3 Maret 2023
MANILA – Universitas negeri terkemuka di negara ini memberikan penghargaan dan peringkat akademis tertinggi kepada Perdana Menteri Malaysia Anwar Ibrahim yang berkunjung atas keahliannya dalam bidang “Jose Rizal, ekonomi, kebebasan, pemerintahan, Islam dan demokrasi.”
Presiden Universitas Filipina Angelo Jimenez menganugerahkan gelar doktor kehormatan hukum (juris doctor, honoris causa) kepada pemimpin Malaysia di kampus universitas Diliman, yang dikunjungi Anwar di masa mudanya.
“Biografi politik singkatnya tidak memberikan keadilan bagi para intelektual dan visioner dalam diri politisi. Karena di balik ketajamannya dalam mengelola keuangan terdapat kejujuran moral, keyakinan akan benar dan salah,” kata Jimenez saat upacara penghargaan.
“Anwar juga berupaya mengedepankan keadilan, kebajikan, kasih sayang, ‘malasakit’ (empati).
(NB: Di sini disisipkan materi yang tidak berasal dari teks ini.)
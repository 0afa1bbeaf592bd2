-- ===== src/Buffer/Gives.antt =====
-- What a reader's value satisfies wherever it gives one.
use mathlib.Core.Path.{subst}
use wasm_instrument.Prelude.{◌≡◌}
use wasm_instrument.Prelude.Result.{Result, ok, throw, undefined, Error, >>=-ok}
use wasm_instrument.Buffer.{Buffer, Parser, pure, raise, lift, ◌>>=◌}

abbrev pub Gives {ℓ κ} : {A : Type ℓ} → Parser A → (A → Type κ) → Type (ℓ ⊔ κ)
Gives {A = A} p P = (b c : Buffer) (a : A) → p b ≡ ok (a, c) → P a

pub Gives-pure {ℓ κ} : {A : Type ℓ} (P : A → Type κ) (a : A) → P a → Gives (pure a) P
Gives-pure {A = A} P a h b c x e = subst P (value e) h
  where
    value : ◌≡◌ {A = Result (A × Buffer)} (ok (a, b)) (ok (x, c)) → a ≡ x
    value e = cc

pub Gives-raise {ℓ κ} : {A : Type ℓ} (P : A → Type κ) (e : Error) → Gives (raise e) P
Gives-raise {A = A} P e b c x h = absurd (never h)
  where
    never : ◌≡◌ {A = Result (A × Buffer)} (throw e) (ok (x, c)) → ⊥
    never h = cc

pub Gives-bind {ℓ κ μ ν} :
    {A : Type ℓ} {B : Type κ} (p : Parser A) (f : A → Parser B) (P : A → Type μ) (Q : B → Type ν)
    → Gives p P
    → ((a : A) → P a → Gives (f a) Q)
    → Gives (p >>= f) Q
Gives-bind p f P Q first after b d y e =
    let ((a, c), here, there) = >>=-ok (p b) (λ (a, c). f a c) e in
    after a (first b c a here) c d y there

-- Of the first nothing need be known.
pub Gives-after {ℓ κ ν} :
    {A : Type ℓ} {B : Type κ} (p : Parser A) (f : A → Parser B) (Q : B → Type ν)
    → ((a : A) → Gives (f a) Q)
    → Gives (p >>= f) Q
Gives-after p f Q after b d y e =
    let ((a, c), here, there) = >>=-ok (p b) (λ (a, c). f a c) e in after a c d y there

pub lift-Gives {ℓ κ} :
    {A : Type ℓ} (r : Result A) (P : A → Type κ) → ((a : A) → r ≡ ok a → P a) → Gives (lift r) P
lift-Gives {A = A} r P h b c x e =
    let (a, known, after) = >>=-ok r (λ a. ok (a, b)) e in subst P (value a after) (h a known)
  where
    value : (a : A) → ◌≡◌ {A = Result (A × Buffer)} (ok (a, b)) (ok (x, c)) → a ≡ x
    value a e = cc

pub Gives-undefined {ℓ κ} : {A : Type ℓ} (P : A → Type κ) → Gives (lift undefined) P
Gives-undefined {A = A} P b c x e = absurd (never e)
  where
    never : ◌≡◌ {A = Result (A × Buffer)} undefined (ok (x, c)) → ⊥
    never e = cc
Humanis adalah inti dari orang yang berbicara, aktivis muda, dan terkadang mahasiswa sastra,” tambah Jimenez.
Perdana Menteri juga menyampaikan ceramah tentang Rizal yang menyinggung keprihatinannya sebagai Perdana Menteri Malaysia: bahwa Perhimpunan Bangsa-Bangsa Asia Tenggara (Asean) tetap setia pada cita-cita yang didirikannya 56 tahun lalu.
Berdiri untuk keadilan
“Ketika saya baru-baru ini menyebutkan di Bangkok mengenai perlunya untuk sementara memisahkan diri dari Myanmar, karena pelanggaran hak asasi manusia yang terang-terangan, hal tersebut dikatakan dalam konteks yang lebih luas yaitu perlunya tetap setia pada salah satu cita-cita utama ASEAN, yaitu tidak ada yang kurang dari membela keadilan dan supremasi hukum,” ujarnya dalam ceramahnya.
“Dalam hal ini, perlu mengulangi kalimat abadi Dr. Untuk mengulangi Rizal, yang harus saya ulangi, bahwa dia benar-benar seorang tokoh renaissance Asia, bahwa ‘keadilan adalah kebajikan paling penting dari ras yang beradab. Hal ini menundukkan negara-negara barbar, sementara ketidakadilan menyadarkan negara-negara yang paling lemah,” tambahnya.
Bukan izin untuk ketidakpedulian
Anwar mengakui bahwa cara ASEAN untuk “tidak campur tangan dengan penuh hormat” tetap menjadi inti dalam pembangunan konsensus, namun ia berpendapat bahwa blok tersebut tidak boleh diam terhadap pelanggaran terhadap cita-cita Asean yang dilakukan oleh anggotanya sendiri. “Sejujurnya, saya percaya bahwa non-intervensi bukanlah izin untuk ketidakpedulian,” katanya, mendesak agar ASEAN mengambil tindakan hukuman terhadap Myanmar.
Hubungan diplomatik antara Malaysia dan Myanmar – keduanya bekas jajahan Inggris – dulunya tegang, namun belakangan menjadi tegang karena penganiayaan etnis yang dilakukan Yangon terhadap orang-orang Rohingya dan tindakan yang memperlambat kemajuan Myanmar menuju demokrasi.
Cara ASEAN untuk “tidak campur tangan dengan penuh hormat” sejauh ini telah menghambat tindakan hukuman yang telah dilakukan Kuala Lumpur sejak tahun 2016.
Anwar mencatat bahwa mungkin ada perbedaan budaya yang besar antara Filipina dan Malaysia, namun, “Identitas kami tetap sama – yaitu, beragam dan multikultural, namun bersatu dalam martabat bangsa – yang diukir untuk diri kami sendiri dalam perjuangan kolonial dan perjuangan kami. adaptasi terhadap dunia global.”
“Mari kita melihat melampaui perbedaan-perbedaan kita dan memperkuat kesamaan kita sehingga kita dapat berdiri sebagai mitra kerja sama yang bekerja demi kemajuan seluruh rakyat kita di dunia yang adil dan damai,” tambah Anwar.